I have the perfect recipes that will set you up for success in
2016. The whole grain pasta salads below
are loaded with protein, whole grains, nutrients, and taste delicious. Plus, they can be prepped ahead and
pre-portioned for meals and snacks. Who
knew pasta salad could be part of your healthy New Year’s resolution!?!
Whole
Grain Pasta Salad
Italian
Style
Ingredients:
Dressing:
2 T extra virgin olive oil (EVOO), 1 T balsamic (or red wine) vinegar, 1 t red
pepper flakes, ½ t each of salt, black pepper, garlic powder
1
cup diced or shredded chicken (use leftovers from dinner or store-bought
rotisserie)
1
cup cherry tomatoes, sliced in half
½
cup diced bell pepper
½
cup shredded Italian style cheese or diced fresh mozzarella cheese
¼
cup sliced black olives
2
T capers
¼
cup pine nuts
¼
cup fresh basil, chopped or torn
Directions:
Cook
the wheat berries according to package instructions. If you purchase the parboiled kind in the
package (I recommend), it will only take about 15 minutes. Once fully cooked, they will triple in
size. Transfer wheat berries to a large
bowl and allow to cool slightly. While
the wheat berries cool, make the dressing by adding all the ingredients into a
sealable container (like a glad container with screw-top lid or mason jar) and
shake vigorously for 20-30 seconds. Add the remaining ingredients to the wheat
berries and fold in. Pour over the
dressing and continue to fold (carefully to not crush the vegetables) until
dressing covers all the ingredients.
Whole
Grain Pasta Salad
Mexican
Style
Ingredients:
Dressing:
2 T extra virgin olive oil (EVOO), 1 T lime juice, ½ t each of salt, black pepper,
ground cumin
1
cup diced or sliced lean beef (use leftovers from dinner or store-bought deli
roast beef)
1
cup cherry tomatoes, sliced in half
½
cup diced bell pepper
½
cup shredded Mexican style cheese
1
cup black beans, rinsed and drained
¼
cup fresh cilantro, chopped or torn
Directions:
Cook
the couscous according to package instructions, it will only take about 20
minutes. Once fully cooked, they will nearly
triple in size. Transfer couscous to a
large bowl and allow to cool slightly.
While the couscous cools, make the dressing by adding all the
ingredients into a sealable container (like a glad container with screw-top lid
or mason jar) and shake vigorously for 20-30 seconds. Add the remaining
ingredients to the couscous and fold in.
Pour over the dressing and continue to fold (carefully so as to not
crush the vegetables) until the dressing covers all the ingredients.
Whole
Grain Pasta Salad
Asian
Style
Ingredients:
Dressing:
2 T extra virgin olive oil (EVOO), 1 T orange juice, ½ t each of salt, black
pepper, ground ginger
1
cup salad shrimp, thawed (or store-bought shrimp cocktail or canned tuna or
salmon)
2
cups frozen stir-fry vegetables (cooked according to package instructions and
cooled)
2
T sesame seeds
¼
cup chopped green onion (or basil or cilantro)
Directions:
Cook
the pasta according to package instructions, it will only take about 10-12
minutes. Drain and transfer pasta to a
large bowl and allow to cool slightly.
While the pasta cools, make the dressing by adding all the ingredients
into a sealable container (like a glad container with screw-top lid or mason
jar) and shake vigorously for 20-30 seconds. Add the remaining ingredients to
the pasta and fold in. Pour over the
dressing and continue to fold (carefully so as to not crush the vegetables)
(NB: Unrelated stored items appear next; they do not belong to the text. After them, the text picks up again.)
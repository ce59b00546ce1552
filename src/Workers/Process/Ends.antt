-- ===== src/Workers/Process/Ends.antt =====
-- What `run` of a worker comes to, for any command.
use taskweave.Base.{
  Bool, true, false, if◌then◌else◌, ◌||◌, Option, none, some, List, [], ◌∷◌, ◌++◌, Outcome, done,
  raised, string_key,
}
use mathlib.Core.List.{map}
use taskweave.Exceptions.{Exception, never_returns}
use taskweave.Workers.Process.{
  is_zero, Turn, Command, output, about_to_kill, terminated, raised_exception, Running, is_exit,
}

-- The loop comes to an end.
abbrev pub is_over : List Turn → Bool
is_over [] = false
is_over (turn ∷ turns) = turn.has_ended || is_exit turn.message || is_over turns

-- The worker after its command has ended.
abbrev pub reported : Command → Running → Running
reported c r = record {
  print_queue =
      r.print_queue ++ map output c.early ++ about_to_kill ∷ map output c.late ++ terminated ∷ [];
  success_event = if is_zero c.exit_code then true else r.success_event;
  failure_event = if is_zero c.exit_code then r.failure_event else true;
}

-- What `run` comes to, by what `Popen` gives.
abbrev pub run_result : Command → Option Exception → Running → Outcome Unit × Running
run_result c none r = if is_over c.turns then (done tt, reported c r) else (raised never_returns, r)
run_result c (some e) r =
    (done tt, record r { print_queue = r.print_queue ++ raised_exception e ∷ [] })

-- A worker that has not run.
abbrev pub fresh : Running
fresh = record { print_queue = []; success_event = false; failure_event = false }
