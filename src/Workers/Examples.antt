-- ===== src/Workers/Examples.antt =====
-- Concrete inputs of the theorems on the worker manager.
use taskweave.Base.{
  ℕ, zero, suc, String, false, none, some, List, [], ◌∷◌, drop, take, done, raised, Stmt, ◌≡◌, refl,
  string_key,
}
use taskweave.Exceptions.{runtime_error}
use taskweave.Workers.{WorkerManager, WorkItem, new_manager}
use taskweave.Workers.Dead.{Event, add, start, completed, handles, handles_start_nothing}
use taskweave.Workers.Adding.{adds, places, adds_wait}
use taskweave.Workers.Process.{Command, signal}

-- The first callback returns, all others raise.
abbrev callbacks : ℕ → Stmt WorkerManager Unit
callbacks zero m = (done tt, m)
callbacks (suc n) m = (raised runtime_error, m)

abbrev item : String → WorkItem
item name = record {
  name = name;
  on_start = some 0;
  on_success = some 1;
  on_failure = none;
  on_cancel = none;
}

abbrev events : List Event
events = add (item "a") ∷ start "a" ∷ completed "a" ∷ add (item "b") ∷ []

handles_start_nothing_example :
    let m = handles callbacks events (new_manager 1) in
    (m.worker_ctx ≡ []) × (m.starts ≡ 0) × (m.called ≡ [])
handles_start_nothing_example = handles_start_nothing callbacks 1 events

abbrev items : List WorkItem
items = item "a" ∷ item "b" ∷ item "c" ∷ []

adds_wait_example :
    let m = adds callbacks items (new_manager 2) in
    (m.waiting ≡ drop 2 items) × (m.workers ≡ places (take 2 items)) × (m.starts ≡ 0)
unfolding string_key
adds_wait_example = adds_wait callbacks 2 items (refl, (refl, (refl, tt)))

-- A command that is told to exit and is ended by a signal.
abbrev killed : Command
killed = record {
  launch = none;
  turns =
      record { has_ended = false; message = none }
      ∷ record { has_ended = false; message = some "EXIT" }
      ∷ [];
  early = [];
  late = [];
  exit_code = signal 15;
}
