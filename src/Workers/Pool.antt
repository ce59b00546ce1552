-- ===== src/Workers/Pool.antt =====
-- The task runners of src/taskweave/tasks/task_runner.py other than that of a subprocess: PoolTaskRunner
-- over its manager, NoOpRunner and ExternalRunner. A task's command, producer and heart beat are only
-- passed on.
use taskweave.Base.{
  ℕ, leb, false, if◌then◌else◌, Option, [], ◌∷◌, ◌++◌, length, done, raised, Stmt, fail, skip,
  store, string_key, ◌>>◌, ◌≡◌, refl, Bool-cases, inl, inr,
}
use taskweave.Exceptions.{attribute_error, type_error, not_implemented}
use taskweave.Protocol.{TaskId}
use taskweave.Workers.{
  WorkerManager, WorkItem, Worker, add_worker, start_new, reset_worker_instance, stop_worker,
  remove_worker, new_context,
}

-- The callbacks that a task passes to the run.
pub record TaskCallbacks : Type 0 where
  pub on_start : Option ℕ
  pub on_success : Option ℕ
  pub on_failure : Option ℕ
  pub on_cancel : Option ℕ

abbrev pub work_item : TaskId → TaskCallbacks → WorkItem
work_item id c = record {
  name = id.value;
  on_start = c.on_start;
  on_success = c.on_success;
  on_failure = c.on_failure;
  on_cancel = c.on_cancel;
}

-- `PoolTaskRunner.run`
unfoldable pub pool_run :
    (ℕ → Stmt WorkerManager Unit) → TaskId → TaskCallbacks → Stmt WorkerManager Unit
pool_run callbacks id c = add_worker callbacks (work_item id c)

-- `PoolTaskRunner.cleanup`
unfoldable pub pool_cleanup : TaskId → Stmt WorkerManager Unit
pool_cleanup id = do stop_worker (id.value); remove_worker (id.value); skip

-- The runner of a task that was never submitted, and one that is not there yet.
unfoldable pub no_op_run : {W : Type 0} → Stmt W Unit
no_op_run = fail not_implemented

unfoldable pub no_op_cleanup : {W : Type 0} → Stmt W Unit
no_op_cleanup = fail not_implemented

unfoldable pub external_run : {W : Type 0} → Stmt W Unit
external_run = fail not_implemented

-- A worker that was made and never started.
abbrev unstarted : Worker
unstarted = record { is_alive = false; success_event = false; pipe_closed = false }

-- A task of a pool is never started. On a pool that is full it waits; on one with room the run raises
-- TypeError and leaves a worker that takes a place.
pub pool_run-eq :
    (callbacks : ℕ → Stmt WorkerManager Unit) (id : TaskId) (c : TaskCallbacks) (m : WorkerManager)
    → pool_run callbacks id c m ≡ (
        if leb m.max_count (length m.workers)
        then (done tt, record m { waiting = m.waiting ++ work_item id c ∷ [] })
        else (raised type_error, record m { workers = store m.workers id.value unstarted }))
unfolding pool_run add_worker start_new reset_worker_instance new_context
pool_run-eq callbacks id c m = elim (Bool-cases (leb m.max_count (length m.workers))) [
  | inl full ↦ rw full refl
  | inr room ↦ rw room refl
]

-- The clean-up after a task of a pool raises AttributeError and changes nothing.
pub pool_cleanup-fails :
    (id : TaskId) (m : WorkerManager) → pool_cleanup id m ≡ (raised attribute_error, m)
unfolding pool_cleanup stop_worker
pool_cleanup-fails id m = refl
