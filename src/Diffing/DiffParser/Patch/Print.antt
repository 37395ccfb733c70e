-- ===== src/Diffing/DiffParser/Patch/Print.antt =====
-- What `git diff --unified=0 -M` prints of text files, with core.quotePath=false.
use analysis_engine_service.Prelude.{
  ℕ, Bool, false, ◌||◌, List, [], ◌∷◌, ◌++◌, if◌then◌else◌, eqb, any,
}
use analysis_engine_service.Prelude.Bytes.{Bytes, bytes}
use analysis_engine_service.Prelude.Bytes.Decimal.{show}
use analysis_engine_service.Diffing.DiffParser.Quoting.RoundTrip.{name}

-- `context` is what git writes behind the second `@@`.
pub record Hunk : Type 0 where
  pub old_start : ℕ
  pub old_count : ℕ
  pub new_start : ℕ
  pub new_count : ℕ
  pub context : Bytes
  pub body : List Bytes

pub data Kind : Type 0 where
  edit : Kind
  create delete : Bytes → Kind
  rename : Bytes → Bytes → Kind

-- A file of a diff. `title` and `index` are what stands behind `diff --git ` and `index `, a creation
-- or a deletion has its mode, and a rename its similarity and its old path.
pub record FileDiff : Type 0 where
  pub title : Bytes
  pub path : Bytes
  pub kind : Kind
  pub index : Bytes
  pub hunks : List Hunk

-- A count of 1 is left out.
unfoldable pub print_count : ℕ → Bytes
print_count n = if eqb n 1 then [] else b',' ∷ show n

unfoldable pub print_range : ℕ → ℕ → Bytes → Bytes
unfolding print_count
print_range start n rest = show start ++ (print_count n ++ rest)

unfoldable pub print_header : Hunk → Bytes
unfolding print_range
print_header h =
    bytes "@@ -"
    ++ print_range h.old_start h.old_count
        (bytes " +" ++ print_range h.new_start h.new_count (bytes " @@" ++ h.context))

unfoldable pub hunk_lines : List Hunk → List Bytes
unfolding print_header
hunk_lines [] = []
hunk_lines (h ∷ hs) = (print_header h ∷ h.body) ++ hunk_lines hs

-- A path with a space gets a tab behind it.
abbrev pub tab : Bytes → Bytes
tab path = if any (eqb 32) path then 9 ∷ [] else []

unfoldable pub kind_lines : Bytes → Kind → List Bytes
kind_lines path edit = []
kind_lines path (create mode) = (bytes "new file mode " ++ mode) ∷ []
kind_lines path (delete mode) = (bytes "deleted file mode " ++ mode) ∷ []
kind_lines path (rename similarity old) =
    (bytes "similarity index " ++ similarity)
    ∷ (bytes "rename from " ++ name old)
    ∷ (bytes "rename to " ++ name path)
    ∷ []

abbrev pub side : Bytes → Bytes → Bytes
side prefix path = name (prefix ++ path) ++ tab path

-- What stands behind `--- ` and behind `+++ `.
abbrev pub old_side : Bytes → Kind → Bytes
old_side path edit = side (bytes "a/") path
old_side path (create mode) = bytes "/dev/null"
old_side path (delete mode) = side (bytes "a/") path
old_side path (rename similarity old) = side (bytes "a/") old

abbrev pub new_side : Bytes → Kind → Bytes
new_side path edit = side (bytes "b/") path
new_side path (create mode) = side (bytes "b/") path
new_side path (delete mode) = bytes "/dev/null"
new_side path (rename similarity old) = side (bytes "b/") path

-- A file whose content did not change has no sides and no hunks.
unfoldable pub change_lines : FileDiff → List Bytes
unfolding hunk_lines
change_lines f = elim f.hunks [
  | [] ↦ []
  | h ∷ hs ↦
      (bytes "index " ++ f.index)
      ∷ (bytes "--- " ++ old_side f.path f.kind)
      ∷ (bytes "+++ " ++ new_side f.path f.kind)
      ∷ hunk_lines (h ∷ hs)
]

unfoldable pub file_lines : FileDiff → List Bytes
unfolding kind_lines change_lines
file_lines f = (bytes "diff --git " ++ f.title) ∷ (kind_lines f.path f.kind ++ change_lines f)

unfoldable pub patch_lines : List FileDiff → List Bytes
unfolding file_lines
patch_lines [] = []
patch_lines (f ∷ fs) = file_lines f ++ patch_lines fs

-- Every line ends in a line break.
unfoldable pub print_lines : List Bytes → Bytes
print_lines [] = []
print_lines (l ∷ ls) = l ++ 10 ∷ print_lines ls

-- A line of a hunk is an added one, a removed one, or the remark on a missing line break.
abbrev pub is_body : Bytes → Bool
is_body [] = false
is_body (c ∷ s) = eqb c b'+' || (eqb c b'-' || eqb c b'\\')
until the dressing covers all the ingredients.
All
three of these pasta salad recipes make about 4 meal-size servings or 6-8
snack-size servings. It will keep in the
refrigerator for 4-5 days. Portion into
containers for pre-prepared meals and snacks to take to work, school, or enjoy
at home. And remember your options are
endless. You can switch up the grains
and proteins based on your preferences and what you have available.
Bonus
tips: Make extra of the dressing and keep in the refrigerator for a couple of
weeks for salads and veggies. Make extra
wheat berries and substitute for pasta or rice in your favorite weeknight
dinners. These whole grains have less
fat and calories, but more protein and fiber than typical white pastas and
rice.
Go to http://www.coachdconsulting.com to see all the ways I can help you and those
you love. Obesity is 100% preventable and it starts with these
recipes! So eat, enjoy, and find lots of
success in 2016!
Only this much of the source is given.